There are many good reasons for refinancing your mortgage loan regardless of the direction interest rates are heading. Depending on your financial situation you might need to refinance the loan for a lower interest rate, lower payment amount, possibly even a higher payment amount to build equity faster. Here are several tips to help you decide if mortgage refinancing is right for you.
If you’ve been living in your home for five or ten years, chances are your financial situation is different from when you first applied for the loan. If you have better paying job, have married and have dual incomes, or have paid down you debts, your financial picture is different today than it was before. Chances are you will qualify for a better interest rate today, and refinancing the loan could save you money. The average homeowner in the United States refinances their mortgage every four years and the most common reason is to get a better deal. Qualifying for a better interest rate isn’t always possible, and as you will see is not the only reason for mortgage refinancing.

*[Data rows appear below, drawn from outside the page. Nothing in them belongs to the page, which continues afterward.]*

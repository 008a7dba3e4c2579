-- ===== src/Resolver/Cache/Freshness.antt =====
-- The TTL that `updateTTL` reports decides whether a cached message may still be served.
use nextdns.Prelude.{
  All, Bool, Bool-cases, Bytes, [], ap, arith, drop, drop_ext, false, get_elem?, get_elem?-le,
  if◌then◌else◌, inl, inr, leb, length, ltb, min, none, refl, some, suc, true, zero, ℕ, ◌%◌, ◌+◌,
  ◌-◌, ◌<◌, ◌==◌, ◌^◌, ◌∙◌, ◌∷◌, ◌≡◌, ◌≤◌, ◌⊎◌,
}
use nextdns.Resolver.Wire.{unpack_uint16, unpack_uint32}
use nextdns.Resolver.Wire.Bounds.{
  pack_uint32-lt, skip_name_total, slice_from-le, unpack_uint16-lt, unpack_uint32-lt, with_uint32,
}
use nextdns.Resolver.Cache.Safety.{skip_questions_total}
use nextdns.Resolver.Cache.Walk.{
  Rr, deciding_records, reached_records, record_at, records_from, served_ttl, with_ttl,
}
use nextdns.Resolver.Cache.{
  Ageing, Round, after_round, capped, finish, lower_ttl, max_uint32, more, record_round, remaining,
  stop, type_opt, update_record, update_records, update_ttl,
}

-- `m` is `msg` with changes below `off` only.
pub record Agrees (off : ℕ) (m msg : Bytes) : Type 0 where
  pub size : length m ≡ length msg
  pub behind : (j : ℕ) → off ≤ j → get_elem? m j ≡ get_elem? msg j

pub Agrees-refl : (off : ℕ) (m : Bytes) → Agrees off m m
Agrees-refl off m = record { size = refl; behind = λ j h. refl }

module _ {off : ℕ} {m msg : Bytes} (same : Agrees off m msg) where
  pub Agrees-drop : drop off m ≡ drop off msg
  Agrees-drop = drop_ext off m msg same.behind

  pub Agrees-unpack_uint16 : (i : ℕ) → off ≤ i → unpack_uint16 m i ≡ unpack_uint16 msg i
  unfolding unpack_uint16
  Agrees-unpack_uint16 i h = rw (same.behind i h, same.behind (i + 1) (omega arith))

  pub Agrees-unpack_uint32 : (i : ℕ) → off ≤ i → unpack_uint32 m i ≡ unpack_uint32 msg i
  unfolding unpack_uint32
  Agrees-unpack_uint32 i h = rw (
    same.behind i h,
    same.behind (i + 1) (omega arith),
    same.behind (i + 2) (omega arith),
    same.behind (i + 3) (omega arith),
  )

  pub Agrees-later : {o : ℕ} → off ≤ o → Agrees o m msg
  Agrees-later le = record { size = same.size; behind = λ j h. same.behind j (omega arith) }

Agrees-trans :
    {o o' p : ℕ} {x y z : Bytes} → Agrees o x y → Agrees o' y z → o ≤ p → o' ≤ p → Agrees p x z
Agrees-trans f g h k = record {
  size = f.size ∙ g.size;
  behind = λ j le. f.behind j (omega arith) ∙ g.behind j (omega arith);
}

-- What a record does to `minTTL`.
pub data Lowers (a : Ageing) (counts : Bool) (kind ttl t : ℕ) : ℕ → Type 0 where
  keeps : (kind ≡ type_opt) ⊎ (counts ≡ false) → Lowers a counts kind ttl t t
  lowers : (t' : ℕ) → t' ≡ lower_ttl a t (remaining a.age ttl) → Lowers a counts kind ttl t t'

-- An update that returns leaves the data length and all behind it as they were.
record Updated (a : Ageing) (counts : Bool) (m : Bytes) (off t kind ttl : ℕ) : Type 0 where
  after : Bytes
  left : ℕ
  returned : update_record a counts m off t ≡ some (after, left)
  same : Agrees (off - 2) after m
  lowered : Lowers a counts kind ttl t left
  written :
      (next : ℕ)
      → after ≡ with_ttl a m (record { kind = kind; ttl = ttl; ttl_at = off - 6; next = next })

capped-remaining :
    (a : Ageing) (ttl : ℕ) → capped a.max_ttl (remaining a.age ttl) ≡ served_ttl a ttl
unfolding capped remaining
capped-remaining a ttl = ground arith

Lowers-if :
    (a : Ageing) (counts : Bool) (kind ttl t : ℕ)
    → Lowers a counts kind ttl t (if counts then lower_ttl a t (remaining a.age ttl) else t)
Lowers-if a true kind ttl t = lowers _ refl
Lowers-if a false kind ttl t = keeps (inr refl)

update_record-Updated :
    (a : Ageing) (counts : Bool) (m : Bytes) (off t kind ttl : ℕ)
    → 22 ≤ off
    → off ≤ length m
    → unpack_uint16 m (off - 10) ≡ some kind
    → unpack_uint32 m (off - 6) ≡ some ttl
    → Updated a counts m off t kind ttl
unfolding update_record
update_record-Updated a counts m off t kind ttl lo hi k q =
    let (m', w, what, size, rest) =
      pack_uint32-lt m (off - 6) (capped a.max_ttl (remaining a.age ttl)) (omega arith) in
    elim (Bool-cases (kind == type_opt)) [
      | inl opt ↦ record {
        after = m;
        left = t;
        returned = rw (k, opt);
        same = Agrees-refl _ m;
        lowered = keeps (inl (ground arith));
        written = λ next. rw opt;
      }
      | inr other ↦ record {
        after = m';
        left = if counts then lower_ttl a t (remaining a.age ttl) else t;
        returned = rw (k, other, q, w);
        same = record { size = size; behind = λ j h. rest j (inr (omega arith)) };
        lowered = Lowers-if a counts kind ttl t;
        written = λ next. rw other (what ∙ ap (with_uint32 m (off - 6)) (capped-remaining a ttl));
      }
    ]

-- A round either returns 0 or the finished `minTTL`, or handles the record that `record_at` reads.
abbrev pub RoundReads : Ageing → Bool → Bytes → Bytes → ℕ → ℕ → Round → Type 0
RoundReads a counts m0 msg off t (stop m ret) =
    (ret ≡ 0) ⊎ ((ret ≡ finish t) × (length msg ≤ off) × (m ≡ m0))
RoundReads a counts m0 msg off t (more m o t') =
    (r : Rr) × (record_at msg off ≡ some r)
    × (o ≡ r.next)
    × (off ≤ o)
    × Agrees o m msg
    × Lowers a counts r.kind r.ttl t t'
    × (m ≡ with_ttl a m0 r)

pub record_round-reads :
    (a : Ageing) (counts : Bool) (m msg : Bytes) (off t : ℕ)
    → 12 ≤ off
    → Agrees off m msg
    → (r : Round) × (record_round a counts m off t ≡ some r) × RoundReads a counts m msg off t r
unfolding record_round record_at
record_round-reads a counts m msg off t lo ag = elim (Bool-cases (leb (length m) off)) [
  | inl end ↦ (stop m (finish t), rw end, inr (refl, ground (arith, ag.size), refl))
  | inr inside ↦
      let (l, s) = skip_name_total (drop off m) in
      let cut = slice_from-le m off (ground arith) in
      elim (Bool-cases (l == 0)) [
        | inl bad ↦ (stop m 0, rw (inside, cut, s, bad), inl refl)
        | inr good ↦ elim (Bool-cases (ltb (length m) (off + (l + 10)))) [
          | inl out ↦ (stop m 0, rw (inside, cut, s, good, out), inl refl)
          | inr fits ↦
              let off' = off + (l + 10) in
              let (kind, k) = unpack_uint16-lt m (off' - 10) (ground arith) in
              let (ttl, q) = unpack_uint32-lt m (off' - 6) (ground arith) in
              let (rdlen, p) = unpack_uint16-lt m (off' - 2) (ground arith) in
              let u =
                update_record-Updated a counts m off' t kind ttl (omega arith) (ground arith) k q in
              let p' : unpack_uint16 u.after (off' - 2) ≡ some rdlen =
                Agrees-unpack_uint16 u.same (off' - 2) (omega arith) ∙ p in
              elim (Bool-cases (ltb (length u.after) (off' + rdlen))) [
                | inl over ↦ (
                  stop u.after 0,
                  rw (inside, cut, s, good, fits, u.returned, p', over),
                  inl refl,
                )
                | inr ok ↦ (
                  more u.after (off' + rdlen) u.left,
                  rw (inside, cut, s, good, fits, u.returned, p', ok),
                  (
                    record { kind = kind; ttl = ttl; ttl_at = off' - 6; next = off' + rdlen },
                    rw (
                      ← Agrees-drop ag,
                      s,
                      ← Agrees-unpack_uint16 ag (off' - 10) (omega arith),
                      k,
                      ← Agrees-unpack_uint32 ag (off' - 6) (omega arith),
                      q,
                      ← Agrees-unpack_uint16 ag (off' - 2) (omega arith),
                      p,
                    ),
                    refl,
                    omega arith,
                    Agrees-trans u.same ag (omega arith) (omega arith),
                    u.lowered,
                    u.written (off' + rdlen),
                  ),
                )
              ]
        ]
      ]
]

-- A record that a client may still be given for `ret` seconds; OPT records carry no TTL.
abbrev pub IsFresh : Ageing → ℕ → Rr → Type 0
IsFresh a ret r = (r.kind ≡ type_opt) ⊎ (a.age + ret ≤ r.ttl)

Lowers-IsFresh :
    {a : Ageing} {counts : Bool} {kind ttl t t' : ℕ} (ret at next : ℕ)
    → counts ≡ true
    → 0 < ret
    → ret ≤ t'
    → Lowers a counts kind ttl t t'
    → IsFresh a ret (record { kind = kind; ttl = ttl; ttl_at = at; next = next })
unfolding lower_ttl remaining
Lowers-IsFresh ret at next c pos le (keeps (inl opt)) = inl opt
Lowers-IsFresh ret at next c pos le (keeps (inr no_count)) = cc
Lowers-IsFresh ret at next c pos le (lowers t' e) = inr (ground arith)

Lowers-le :
    {a : Ageing} {counts : Bool} {kind ttl t t' : ℕ} → Lowers a counts kind ttl t t' → t' ≤ t
unfolding lower_ttl
Lowers-le (keeps o) = omega arith
Lowers-le (lowers t' e) = ground arith

pub records_from-nil :
    (n : ℕ) (msg : Bytes) (off : ℕ) → length msg ≤ off → records_from n msg off ≡ []
unfolding records_from record_at unpack_uint16
records_from-nil zero msg off h = refl
records_from-nil (suc n) msg off h =
    let (l, s) = skip_name_total (drop off msg) in
    let e : get_elem? msg (off + (l + 10) - 10) ≡ none = get_elem?-le msg _ (omega arith) in
    rw (s, e, records_from, record_at, unpack_uint16)

pub records_from-cons :
    (n : ℕ) (msg : Bytes) (off : ℕ) {r : Rr}
    → record_at msg off ≡ some r
    → records_from (suc n) msg off ≡ r ∷ records_from n msg r.next
unfolding records_from
records_from-cons n msg off {r} p =
    ap (λ o. elim o [ none ↦ [] | some r' ↦ r' ∷ records_from n msg r'.next ]) p

module _ (a : Ageing) (idx ret : ℕ) (pos : 0 < ret) where
  records_from-counts :
      (n i off : ℕ) {t t' : ℕ} (msg : Bytes) (r : Rr)
      → record_at msg off ≡ some r
      → ret ≤ t'
      → Lowers a (ltb i idx) r.kind r.ttl t t'
      → All (IsFresh a ret) (records_from (min n (idx - (i + 1))) msg r.next)
      → All (IsFresh a ret) (records_from (min (suc n) (idx - i)) msg off)
  unfolding records_from
  records_from-counts n i off msg r p le low rest = elim (Bool-cases (ltb i idx)) [
    | inl counts ↦
        let e : min (suc n) (idx - i) ≡ suc (min n (idx - (i + 1))) = ground arith in
        rw (e, p, records_from) (Lowers-IsFresh ret r.ttl_at r.next counts pos le low, rest)
    | inr past ↦ let e : min (suc n) (idx - i) ≡ 0 = ground arith in rw e tt
  ]

  update_records-IsFresh :
      (n i : ℕ) (m msg : Bytes) (off t : ℕ) {m' : Bytes}
      → 12 ≤ off
      → Agrees off m msg
      → update_records n i idx a m off t ≡ some (m', ret)
      → (ret ≤ t) × All (IsFresh a ret) (records_from (min n (idx - i)) msg off)
  unfolding update_records finish
  update_records-IsFresh zero i m msg off t lo ag h =
      let e : min 0 (idx - i) ≡ 0 = omega arith in (ground arith, rw e (unfold records_from in tt))
  update_records-IsFresh (suc n) i m msg off t {m'} lo ag h =
      let (r, p, reads) = record_round-reads a (ltb i idx) m msg off t lo ag in
      go r reads (rw p at h) (λ m o t far ag q. update_records-IsFresh n (i + 1) m msg o t far ag q)
    where
      go :
          (r : Round)
          → RoundReads a (ltb i idx) m msg off t r
          → after_round r (update_records n (i + 1) idx a) ≡ some (m', ret)
          → ((m : Bytes) (o t : ℕ)
              → 12 ≤ o
              → Agrees o m msg
              → update_records n (i + 1) idx a m o t ≡ some (m', ret)
              → (ret ≤ t) × All (IsFresh a ret) (records_from (min n (idx - (i + 1))) msg o))
          → (ret ≤ t) × All (IsFresh a ret) (records_from (min (suc n) (idx - i)) msg off)
      go (stop x v) (inl zeroed) h rec = absurd (let e : v ≡ ret = cc in omega arith)
      go (stop x v) (inr (done, end, same)) h rec =
          let e : v ≡ ret = cc in
          (ground arith, rw (records_from-nil (min (suc n) (idx - i)) msg off end) tt)
      go (more x o t') (r, p, next, far, ag', low, what) h rec =
          let (le, rest) = rec x o t' (omega arith) ag' h in
          (
            omega (arith, Lowers-le low),
            records_from-counts n i off msg r p le low (rw next at rest),
          )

Mortgage Refinancing for a Lower Payment
Qualifying for a lower mortgage interest rate will lower your monthly payment amount; however, there are other ways to get a lower mortgage payment. Interest rates are just one factor that determines how much your payment will be. The other factor is your mortgage loan’s term length. Term length is the duration of your loan and by choosing a mortgage with a longer length you can significantly lower your payment amount. Common mortgage term lengths are 15 to 30 years; however, there are now 40 and 50 year mortgages. The downside of keeping a loan for this duration is that the total finance charges you pay go up significantly the longer you keep the loan. You will also build equity at a much slower rate by choosing a loan with a longer duration.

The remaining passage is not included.